## Extracted information
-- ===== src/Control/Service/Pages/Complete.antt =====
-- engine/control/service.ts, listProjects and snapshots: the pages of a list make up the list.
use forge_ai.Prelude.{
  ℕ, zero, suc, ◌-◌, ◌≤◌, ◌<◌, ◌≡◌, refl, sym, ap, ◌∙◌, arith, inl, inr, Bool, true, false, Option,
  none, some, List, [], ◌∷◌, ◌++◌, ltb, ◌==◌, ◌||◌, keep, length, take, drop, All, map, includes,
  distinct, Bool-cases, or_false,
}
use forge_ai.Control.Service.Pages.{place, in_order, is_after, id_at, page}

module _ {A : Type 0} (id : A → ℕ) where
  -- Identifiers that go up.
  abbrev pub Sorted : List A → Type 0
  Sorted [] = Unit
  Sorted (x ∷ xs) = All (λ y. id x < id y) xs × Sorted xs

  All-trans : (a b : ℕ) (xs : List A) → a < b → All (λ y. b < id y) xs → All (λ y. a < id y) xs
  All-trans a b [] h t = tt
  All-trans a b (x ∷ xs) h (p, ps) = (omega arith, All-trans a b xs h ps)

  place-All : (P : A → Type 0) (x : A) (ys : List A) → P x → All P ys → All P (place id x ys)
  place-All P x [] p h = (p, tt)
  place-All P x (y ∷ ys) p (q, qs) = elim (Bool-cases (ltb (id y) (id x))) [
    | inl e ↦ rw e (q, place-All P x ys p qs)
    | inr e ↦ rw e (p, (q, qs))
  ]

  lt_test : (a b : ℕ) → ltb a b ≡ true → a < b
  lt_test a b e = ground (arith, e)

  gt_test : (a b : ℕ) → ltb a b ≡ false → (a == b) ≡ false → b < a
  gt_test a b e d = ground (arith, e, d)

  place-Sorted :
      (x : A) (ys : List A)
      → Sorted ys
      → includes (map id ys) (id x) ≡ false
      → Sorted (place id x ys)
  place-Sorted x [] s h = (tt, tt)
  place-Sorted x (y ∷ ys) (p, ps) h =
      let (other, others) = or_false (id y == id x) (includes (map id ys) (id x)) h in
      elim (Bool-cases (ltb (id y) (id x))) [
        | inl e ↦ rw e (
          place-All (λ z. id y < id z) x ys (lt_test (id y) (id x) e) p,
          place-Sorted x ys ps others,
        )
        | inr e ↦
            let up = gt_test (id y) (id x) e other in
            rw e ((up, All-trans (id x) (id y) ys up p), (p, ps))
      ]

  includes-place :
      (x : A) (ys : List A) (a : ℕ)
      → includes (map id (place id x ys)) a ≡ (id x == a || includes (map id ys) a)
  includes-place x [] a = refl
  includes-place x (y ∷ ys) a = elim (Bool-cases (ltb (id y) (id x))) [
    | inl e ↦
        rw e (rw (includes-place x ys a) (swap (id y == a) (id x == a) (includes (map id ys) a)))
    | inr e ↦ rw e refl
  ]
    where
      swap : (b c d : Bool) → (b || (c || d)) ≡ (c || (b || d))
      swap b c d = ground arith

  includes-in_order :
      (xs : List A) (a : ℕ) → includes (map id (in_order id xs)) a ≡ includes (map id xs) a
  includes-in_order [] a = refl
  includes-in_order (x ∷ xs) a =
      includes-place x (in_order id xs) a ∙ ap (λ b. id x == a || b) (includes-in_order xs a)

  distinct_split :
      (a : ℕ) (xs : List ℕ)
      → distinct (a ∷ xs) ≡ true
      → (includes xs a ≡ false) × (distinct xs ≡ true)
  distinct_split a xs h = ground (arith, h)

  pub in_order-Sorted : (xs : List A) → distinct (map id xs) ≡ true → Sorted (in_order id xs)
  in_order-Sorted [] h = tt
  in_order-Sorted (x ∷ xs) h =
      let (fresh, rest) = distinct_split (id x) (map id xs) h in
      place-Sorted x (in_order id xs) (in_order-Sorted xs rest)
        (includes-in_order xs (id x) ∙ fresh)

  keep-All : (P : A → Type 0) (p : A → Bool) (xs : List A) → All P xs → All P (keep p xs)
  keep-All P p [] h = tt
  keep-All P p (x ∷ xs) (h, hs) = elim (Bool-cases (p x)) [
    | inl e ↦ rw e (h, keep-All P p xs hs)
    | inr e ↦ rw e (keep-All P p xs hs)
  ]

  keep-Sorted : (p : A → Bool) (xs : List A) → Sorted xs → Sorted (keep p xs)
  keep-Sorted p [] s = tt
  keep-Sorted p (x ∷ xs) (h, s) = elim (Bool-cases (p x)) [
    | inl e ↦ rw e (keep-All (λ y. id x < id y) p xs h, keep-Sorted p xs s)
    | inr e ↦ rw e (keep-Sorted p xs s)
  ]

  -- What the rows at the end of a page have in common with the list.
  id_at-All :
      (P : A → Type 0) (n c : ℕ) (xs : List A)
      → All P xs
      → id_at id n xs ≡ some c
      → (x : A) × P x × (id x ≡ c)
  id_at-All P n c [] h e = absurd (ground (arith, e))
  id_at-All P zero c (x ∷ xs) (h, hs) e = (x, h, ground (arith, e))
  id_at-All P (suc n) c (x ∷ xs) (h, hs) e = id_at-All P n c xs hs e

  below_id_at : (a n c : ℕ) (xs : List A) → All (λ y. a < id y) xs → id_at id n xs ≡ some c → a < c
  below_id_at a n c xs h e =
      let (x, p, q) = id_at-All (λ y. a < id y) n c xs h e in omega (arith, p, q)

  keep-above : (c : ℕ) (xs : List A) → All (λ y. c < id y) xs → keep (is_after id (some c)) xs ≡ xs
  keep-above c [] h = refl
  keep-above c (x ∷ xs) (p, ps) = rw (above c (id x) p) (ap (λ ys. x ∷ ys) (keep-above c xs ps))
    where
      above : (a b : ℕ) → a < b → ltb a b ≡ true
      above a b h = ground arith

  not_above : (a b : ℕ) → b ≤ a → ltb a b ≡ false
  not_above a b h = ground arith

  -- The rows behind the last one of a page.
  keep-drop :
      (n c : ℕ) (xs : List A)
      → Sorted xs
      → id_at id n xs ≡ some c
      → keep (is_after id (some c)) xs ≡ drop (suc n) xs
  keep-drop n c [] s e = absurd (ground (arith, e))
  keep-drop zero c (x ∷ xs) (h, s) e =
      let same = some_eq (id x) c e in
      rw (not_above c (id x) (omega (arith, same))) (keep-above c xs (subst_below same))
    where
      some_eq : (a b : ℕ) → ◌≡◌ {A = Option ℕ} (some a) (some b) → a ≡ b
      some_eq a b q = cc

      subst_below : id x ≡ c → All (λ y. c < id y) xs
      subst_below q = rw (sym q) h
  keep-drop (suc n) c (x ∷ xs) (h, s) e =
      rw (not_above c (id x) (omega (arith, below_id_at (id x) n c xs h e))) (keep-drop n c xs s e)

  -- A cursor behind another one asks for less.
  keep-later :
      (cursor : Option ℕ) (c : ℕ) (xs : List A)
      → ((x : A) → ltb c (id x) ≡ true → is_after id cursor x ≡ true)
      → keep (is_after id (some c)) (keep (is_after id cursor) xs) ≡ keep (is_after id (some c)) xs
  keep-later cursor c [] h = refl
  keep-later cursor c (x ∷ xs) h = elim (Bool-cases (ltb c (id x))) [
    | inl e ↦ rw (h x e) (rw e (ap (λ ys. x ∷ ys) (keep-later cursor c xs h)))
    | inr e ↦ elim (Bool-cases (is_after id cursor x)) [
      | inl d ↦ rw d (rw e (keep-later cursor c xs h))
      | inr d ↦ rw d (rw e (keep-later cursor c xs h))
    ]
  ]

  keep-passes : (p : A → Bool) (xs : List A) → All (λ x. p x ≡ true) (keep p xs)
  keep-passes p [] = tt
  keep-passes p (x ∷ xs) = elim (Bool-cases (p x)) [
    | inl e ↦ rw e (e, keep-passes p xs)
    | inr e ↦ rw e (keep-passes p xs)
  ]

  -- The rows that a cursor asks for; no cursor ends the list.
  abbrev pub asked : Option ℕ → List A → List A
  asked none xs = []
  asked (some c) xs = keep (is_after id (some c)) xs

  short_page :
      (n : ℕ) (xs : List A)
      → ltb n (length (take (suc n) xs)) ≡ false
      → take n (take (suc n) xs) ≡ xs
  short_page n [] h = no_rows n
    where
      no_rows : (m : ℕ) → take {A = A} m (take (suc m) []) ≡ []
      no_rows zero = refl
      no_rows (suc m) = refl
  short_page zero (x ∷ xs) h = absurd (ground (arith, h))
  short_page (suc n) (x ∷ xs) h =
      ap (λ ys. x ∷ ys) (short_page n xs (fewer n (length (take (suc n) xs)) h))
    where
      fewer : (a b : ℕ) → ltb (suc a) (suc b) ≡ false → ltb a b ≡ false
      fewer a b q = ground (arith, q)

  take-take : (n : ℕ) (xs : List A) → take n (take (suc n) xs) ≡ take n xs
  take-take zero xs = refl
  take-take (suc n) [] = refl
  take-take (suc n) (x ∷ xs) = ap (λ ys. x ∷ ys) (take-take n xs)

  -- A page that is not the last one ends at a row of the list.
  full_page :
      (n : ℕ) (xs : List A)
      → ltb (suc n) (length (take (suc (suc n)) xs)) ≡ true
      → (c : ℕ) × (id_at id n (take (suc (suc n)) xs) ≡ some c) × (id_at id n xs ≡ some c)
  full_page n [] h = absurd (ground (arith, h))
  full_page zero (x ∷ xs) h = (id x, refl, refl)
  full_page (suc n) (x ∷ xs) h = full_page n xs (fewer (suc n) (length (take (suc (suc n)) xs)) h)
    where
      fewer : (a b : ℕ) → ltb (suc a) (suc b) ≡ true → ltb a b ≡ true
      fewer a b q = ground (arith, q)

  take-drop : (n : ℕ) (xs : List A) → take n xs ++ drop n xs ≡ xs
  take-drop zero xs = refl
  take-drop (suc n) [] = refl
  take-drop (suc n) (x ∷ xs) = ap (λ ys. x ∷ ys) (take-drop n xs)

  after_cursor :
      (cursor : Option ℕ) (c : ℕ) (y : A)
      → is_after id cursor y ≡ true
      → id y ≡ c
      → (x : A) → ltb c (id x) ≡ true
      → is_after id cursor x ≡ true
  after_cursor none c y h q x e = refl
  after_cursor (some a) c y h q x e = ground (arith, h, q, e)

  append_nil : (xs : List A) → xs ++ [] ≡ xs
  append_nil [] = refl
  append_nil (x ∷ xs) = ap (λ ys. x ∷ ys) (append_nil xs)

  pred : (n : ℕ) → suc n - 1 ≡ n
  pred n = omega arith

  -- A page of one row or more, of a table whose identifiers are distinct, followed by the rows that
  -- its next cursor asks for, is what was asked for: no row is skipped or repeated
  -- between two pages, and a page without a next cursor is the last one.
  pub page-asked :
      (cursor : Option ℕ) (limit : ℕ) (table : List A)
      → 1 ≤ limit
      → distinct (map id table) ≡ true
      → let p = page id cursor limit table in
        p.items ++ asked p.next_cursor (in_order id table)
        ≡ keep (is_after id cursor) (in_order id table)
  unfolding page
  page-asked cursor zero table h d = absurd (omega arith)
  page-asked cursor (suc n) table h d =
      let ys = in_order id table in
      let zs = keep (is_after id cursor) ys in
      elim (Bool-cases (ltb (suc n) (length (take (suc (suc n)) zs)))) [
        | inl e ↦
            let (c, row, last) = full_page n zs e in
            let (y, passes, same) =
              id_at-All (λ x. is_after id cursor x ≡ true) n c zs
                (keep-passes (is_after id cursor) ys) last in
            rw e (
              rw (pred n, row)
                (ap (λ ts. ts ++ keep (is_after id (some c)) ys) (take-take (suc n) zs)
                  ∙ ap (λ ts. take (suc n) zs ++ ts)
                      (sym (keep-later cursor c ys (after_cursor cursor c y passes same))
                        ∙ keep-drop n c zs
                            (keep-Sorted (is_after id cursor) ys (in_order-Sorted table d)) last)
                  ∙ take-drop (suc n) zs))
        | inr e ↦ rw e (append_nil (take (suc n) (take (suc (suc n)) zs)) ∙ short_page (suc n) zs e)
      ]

## What is needed
Going through the entries, return every line holding the word "trans".

## Solution
  All-trans : (a b : ℕ) (xs : List A) → a < b → All (λ y. b < id y) xs → All (λ y. a < id y) xs
  All-trans a b [] h t = tt
  All-trans a b (x ∷ xs) h (p, ps) = (omega arith, All-trans a b xs h ps)
            rw e ((up, All-trans (id x) (id y) ys up p), (p, ps))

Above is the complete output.